The tutorial is divided into the following parts to facilliate understanding and navigation for the reader.

  • Introduction- Here you would learn about SAS and how to install it
  • Data Input- Here you would learn about getting your data in the SAS system
  • Data Inspection- Here you check the data imported correctly and check for errors especially due to column formats or delimiters
  • Data Manipulation- Here you would learn about shaping the data to the correct format and type required for analysis
  • Advanced Data Querying using Proc SQL
  • Exploratory Data Analysis- Here you would examine the data for exploration and summarization
  • Data Visualization- Here you would explore the data visually
  • Advanced Topics- Here you would learn about additional tools in the SAS language ecosystem and how to stay current on your knowledge

Introduction

 Download- You can download and install SAS University Edition for free from http://www.sas.com/en_in/software/university-edition/download-software.html

It is basically a 2 GB Virtual Machine which I am running using the Oracle VM version. I just imported the appliance in File- Import appliance.

Selection_110.png

The actual SAS Software interface runs within a browser window that is at a specific local address that is shown at startup of the virtual machine. (i.e 192.168.1.34 or localhost:10080 for me if you see the top of the browser in screenshots that follow)

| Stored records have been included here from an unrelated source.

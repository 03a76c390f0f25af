-- ===== src/PathTrie.antt =====
-- src/kernel/path_trie.rs: which task or folder is at a path, and in which order the names under a
-- path are listed. An `IndexMap` is a list of its entries in order. `move_node` is left out.
pub mod Entries
pub mod Above
pub mod Under
pub mod Updates
pub mod Leaves
pub mod Groups
pub mod Glob
pub mod Names
pub mod Order
pub mod Childless
pub mod Listing
mod Tests
use dekit.Prelude.{
  ℕ, zero, suc, ◌-◌, Bool, true, false, not, ◌&&◌, ◌||◌, Option, none, some, List, [], ◌∷◌, ◌++◌,
  ltb, ◌==◌, if◌then◌else◌, is_some, length,
}
use dekit.Prelude.Result.{Result, ok, err}
use dekit.Prelude.Text.{Text, text_eq, codes}
use dekit.TaskPath
use dekit.TaskPath.{TaskPath, components, join, parent, name, split, filter_nonempty}

mutual
  -- The task, the folder and the children.
  pub data TrieNode : Type 0 where
    node : Option ℕ → Option ℕ → Children → TrieNode

  pub data Children : Type 0 where
    nil : Children
    child : Text → TrieNode → Children → Children

pub data Place : Type 0 where
  keep first last : Place
  after : TaskPath → Place

-- `out_of_bounds` is the panic of `move_index`, for a new path that is to go after itself.
pub data PathConflict : Type 0 where
  taken : ℕ → PathConflict
  nested : TaskPath → PathConflict
  out_of_bounds : PathConflict

pub record PathTrie : Type 0 where
  pub root : TrieNode

abbrev pub or_option : {A : Type 0} → Option A → Option A → Option A
or_option (some a) b = some a
or_option none b = b

abbrev pub empty_node : TrieNode
empty_node = node none none nil

abbrev pub new : PathTrie
new = record { root = empty_node }

abbrev pub no_children : Children → Bool
no_children nil = true
no_children (child c n ch) = false

abbrev pub task_of : TrieNode → Option ℕ
task_of (node t fo ch) = t

abbrev pub folder_of : TrieNode → Option ℕ
folder_of (node t fo ch) = fo

abbrev pub id_of : TrieNode → Option ℕ
id_of (node t fo ch) = or_option t fo

abbrev pub is_empty : TrieNode → Bool
is_empty (node t fo ch) = not (is_some (or_option t fo)) && no_children ch

-- `IndexMap`: `get`, `get_index_of`, `len`, and a value changed under its key.
unfoldable pub get_child : Text → Children → Option TrieNode
get_child c nil = none
get_child c (child d n ch) = let rest = get_child c ch in if text_eq d c then some n else rest

abbrev pub shift_index : Option ℕ → Option ℕ
shift_index none = none
shift_index (some i) = some (suc i)

unfoldable pub get_index_of : Text → Children → Option ℕ
get_index_of c nil = none
get_index_of c (child d n ch) =
    let rest = get_index_of c ch in if text_eq d c then some 0 else shift_index rest

unfoldable pub count : Children → ℕ
count nil = 0
count (child c n ch) = suc (count ch)

unfoldable pub put_child : Text → TrieNode → Children → Children
put_child c n nil = nil
put_child c n (child d m ch) =
    let rest = put_child c n ch in if text_eq d c then child c n ch else child d m rest

-- `insert` of a new key, which lists it last, then `move_index` from there.
unfoldable pub insert_at : ℕ → Text → TrieNode → Children → Children
insert_at zero c n ch = child c n ch
insert_at (suc i) c n nil = child c n nil
insert_at (suc i) c n (child d m ch) = child d m (insert_at i c n ch)

unfoldable pub shift_remove : Text → Children → Children
shift_remove c nil = nil
shift_remove c (child d m ch) =
    let rest = shift_remove c ch in if text_eq d c then rest else child d m rest

unfoldable pub walk_from : List Text → TrieNode → Option TrieNode
walk_from [] n = some n
walk_from (c ∷ cs) (node t fo ch) = elim (get_child c ch) [ none ↦ none | some n ↦ walk_from cs n ]

unfoldable pub walk_to : PathTrie → TaskPath → Option TrieNode
walk_to t path = walk_from (components path) t.root

abbrev pub bind_option : {A B : Type 0} → Option A → (A → Option B) → Option B
bind_option none f = none
bind_option (some a) f = f a

unfoldable pub resolve : PathTrie → TaskPath → Option ℕ
resolve t path = bind_option (walk_to t path) task_of

-- What goes at an `index`: a new name is listed there.
abbrev pub index_or : Option ℕ → ℕ → ℕ
index_or none l = l
index_or (some i) l = suc i

-- Where the last name of a path is listed: the name to go after, if it is beside the path.
pub data Spot : Type 0 where
  at_first at_last : Spot
  at_after : Text → Spot

abbrev pub spot_index : Spot → Children → ℕ
spot_index at_first ch = 0
spot_index at_last ch = count ch
spot_index (at_after c) ch = index_or (get_index_of c ch) (count ch)

abbrev pub same_parent : Option TaskPath → Option TaskPath → Bool
same_parent none none = true
same_parent (some p) (some q) = text_eq p.text q.text
same_parent _ _ = false

unfoldable pub spot_of : TaskPath → Place → Spot
spot_of path first = at_first
spot_of path (after p) = if same_parent (parent p) (parent path) then at_after (name p) else at_last
spot_of path keep = at_last
spot_of path last = at_last

-- The place is the path's; the groups it makes go last.
abbrev pub make_index : List Text → Spot → Children → ℕ
make_index [] spot ch = spot_index spot ch
make_index (c ∷ cs) spot ch = count ch

-- The node at the path, made with the groups on the way, and changed.
unfoldable pub make : List Text → Spot → (TrieNode → TrieNode) → TrieNode → TrieNode
make [] spot f n = f n
make (c ∷ cs) spot f (node t fo ch) = elim (get_child c ch) [
  | some n ↦ node t fo (put_child c (make cs spot f n) ch)
  | none ↦ node t fo (insert_at (make_index cs spot ch) c (make cs spot f empty_node) ch)
]

-- A change of a node's task and folder.
abbrev pub edit : (Option ℕ → Option ℕ) → (Option ℕ → Option ℕ) → TrieNode → TrieNode
edit ft ff (node t fo ch) = node (ft t) (ff fo) ch

abbrev pub put_id : ℕ → Option ℕ → Option ℕ
put_id id o = some id

abbrev pub same_id : Option ℕ → Option ℕ
same_id o = o

abbrev pub no_id : Option ℕ → Option ℕ
no_id o = none

-- The node at the path, if it is there, changed.
unfoldable pub change : List Text → (TrieNode → TrieNode) → TrieNode → TrieNode
change [] f n = f n
change (c ∷ cs) f (node t fo ch) = elim (get_child c ch) [
  | some n ↦ node t fo (put_child c (change cs f n) ch)
  | none ↦ node t fo ch
]

unfoldable pub prune_from : List Text → TrieNode → TrieNode
prune_from [] n = n
prune_from (c ∷ cs) (node t fo ch) = elim (get_child c ch) [
  | none ↦ node t fo ch
  | some n ↦
      (let n' = prune_from cs n in
        node t fo (if is_empty n' then shift_remove c ch else put_child c n' ch))
]

unfoldable pub prune : PathTrie → TaskPath → PathTrie
prune t path = record { root = prune_from (components path) t.root }

-- `iter::successors(path.parent(), TaskPath::parent)`: the paths above a path, nearest first. Each
-- is shorter than the one before, so the length of the text is enough fuel.
unfoldable pub paths_above : ℕ → TaskPath → List TaskPath
paths_above zero p = []
paths_above (suc fuel) p = elim (parent p) [ none ↦ [] | some q ↦ q ∷ paths_above fuel q ]

unfoldable pub find_task : PathTrie → List TaskPath → Option TaskPath
find_task t [] = none
find_task t (p ∷ ps) = let rest = find_task t ps in if is_some (resolve t p) then some p else rest

unfoldable pub task_above : PathTrie → TaskPath → Option TaskPath
task_above t path = find_task t (paths_above (suc (length path.text)) path)

-- `TaskPath::new(prefix).ok()`
abbrev pub path_at : Text → Option TaskPath
path_at prefix = elim (TaskPath.new prefix) [ ok p ↦ some p | err e ↦ none ]

-- A task or folder at or under a node, and the last that is listed there.
mutual
  pub any_node : TrieNode → Text → Option TaskPath
  any_node (node t fo ch) prefix =
      if is_some (or_option t fo) then path_at prefix else any_child ch prefix

  pub any_child : Children → Text → Option TaskPath
  any_child nil prefix = none
  any_child (child c n ch) prefix = or_option (any_node n (join prefix c)) (any_child ch prefix)

mutual
  pub last_node : TrieNode → Option ℕ
  last_node (node t fo ch) = or_option t (or_option (last_child ch) fo)

  pub last_child : Children → Option ℕ
  last_child nil = none
  last_child (child c n ch) = or_option (last_child ch) (last_node n)

-- Every task and folder at or under a node, in list order.
abbrev pub listed_at : Option ℕ → Text → List (TaskPath × ℕ)
listed_at none prefix = []
listed_at (some id) prefix = elim (path_at prefix) [ none ↦ [] | some p ↦ (p, id) ∷ [] ]

mutual
  pub collect_nodes : TrieNode → Text → List (TaskPath × ℕ)
  collect_nodes (node t fo ch) prefix =
      listed_at (or_option t fo) prefix ++ collect_children ch prefix

  pub collect_children : Children → Text → List (TaskPath × ℕ)
  collect_children nil prefix = []
  collect_children (child c n ch) prefix =
      collect_nodes n (join prefix c) ++ collect_children ch prefix

-- A new name is told to go after itself.
abbrev pub after_itself : TaskPath → Place → Bool
after_itself path (after p) = same_parent (parent p) (parent path) && text_eq (name p) (name path)
after_itself path _ = false

-- What is at or under a node stops a task from going there.
abbrev pub conflict_at : Option TrieNode → Text → Option PathConflict
conflict_at none prefix = none
conflict_at (some n) prefix = elim (id_of n) [
  | some id ↦ some (taken id)
  | none ↦ elim (any_node n prefix) [ none ↦ none | some p ↦ some (nested p) ]
]

abbrev pub folder_conflict_at : Option TrieNode → Option PathConflict
folder_conflict_at none = none
folder_conflict_at (some n) = elim (id_of n) [ none ↦ none | some id ↦ some (taken id) ]

-- The node is made and changed, if nothing stops it.
abbrev pub put_at :
    Option PathConflict
    → (TrieNode → TrieNode)
    → PathTrie
    → TaskPath
    → Place
    → Result PathConflict PathTrie
put_at (some conflict) f t path place = err conflict
put_at none f t path place =
    if not (is_some (walk_to t path)) && after_itself path place
    then err out_of_bounds
    else ok (record { root = make (components path) (spot_of path place) f t.root })

unfoldable pub insert : PathTrie → TaskPath → ℕ → Place → Result PathConflict PathTrie
insert t path id place = elim (task_above t path) [
  | some above ↦ err (nested above)
  | none ↦ put_at (conflict_at (walk_to t path) path.text) (edit (put_id id) same_id) t path place
]

unfoldable pub insert_folder : PathTrie → TaskPath → ℕ → Place → Result PathConflict PathTrie
insert_folder t path id place = elim (task_above t path) [
  | some above ↦ err (nested above)
  | none ↦ put_at (folder_conflict_at (walk_to t path)) (edit same_id (put_id id)) t path place
]

-- Nothing is held below a task. `none` is the panic of `move_index`.
unfoldable pub place : PathTrie → TaskPath → Place → Option PathTrie
place t path at = elim (task_above t path) [
  | some above ↦ some t
  | none ↦
      if not (is_some (walk_to t path)) && after_itself path at
      then none
      else some
          (record { root = make (components path) (spot_of path at) (edit same_id same_id) t.root })
]

-- What was there, and the trie after; a path that is not there changes nothing.
unfoldable pub remove : PathTrie → TaskPath → Option ℕ × PathTrie
remove t path = elim (walk_to t path) [
  | none ↦ (none, t)
  | some n ↦ (
    task_of n,
    prune (record { root = change (components path) (edit no_id same_id) t.root }) path,
  )
]

unfoldable pub remove_folder : PathTrie → TaskPath → Option ℕ × PathTrie
remove_folder t path = elim (walk_to t path) [
  | none ↦ (none, t)
  | some n ↦ (
    folder_of n,
    prune (record { root = change (components path) (edit same_id no_id) t.root }) path,
  )
]

unfoldable pub nodes : PathTrie → TaskPath → List (TaskPath × ℕ)
nodes t path = elim (walk_to t path) [ none ↦ [] | some n ↦ collect_nodes n path.text ]

-- Where the names of a path are listed, each among the names beside it.
unfoldable pub position_from : List Text → TrieNode → Option (List ℕ)
position_from [] n = some []
position_from (c ∷ cs) (node t fo ch) = elim (get_child c ch) [
  | none ↦ none
  | some n ↦ elim (get_index_of c ch) [
    | none ↦ none
    | some i ↦ elim (position_from cs n) [ none ↦ none | some is ↦ some (i ∷ is) ]
  ]
]

unfoldable pub position : PathTrie → TaskPath → Option (List ℕ)
position t path = position_from (components path) t.root

-- The last that is listed among the children before one.
unfoldable pub last_before : Text → Children → Option ℕ
last_before c nil = none
last_before c (child d n ch) =
    let rest = last_before c ch in if text_eq d c then none else or_option rest (last_node n)

unfoldable pub before_from : List Text → TrieNode → Option ℕ → Option ℕ
before_from [] n earlier = earlier
before_from (c ∷ cs) (node t fo ch) earlier = elim (get_child c ch) [
  | none ↦ none
  | some n ↦ before_from cs n (or_option (last_before c ch) (or_option fo earlier))
]

-- The task or folder that is listed just before a path.
unfoldable pub before : PathTrie → TaskPath → Option ℕ
before t path = before_from (components path) t.root none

Interface-  SAS Has three basic windows where we can write code, see progress and look at output. These three parts are

  • Code Editor where we write and modify mode
  • Log Window.
  • Log is a record of everything that we do in SAS session or SAS program. It includes the following :-
  • Program statements or code
  • Messages that include NOTE, INFO, WARNING, ERROR, or an error number
  • Processing time
  • Result displays printed output

Apart from this, we have the SAS Explorer. The SAS libraries, folders , files that include data, saved code and saved output can be found here.

A SAS Library is a virtual reference to a place in a file system. SAS libraries contain SAS Datasets. Datasets contain data in the form of observations (rows) and variables (columns).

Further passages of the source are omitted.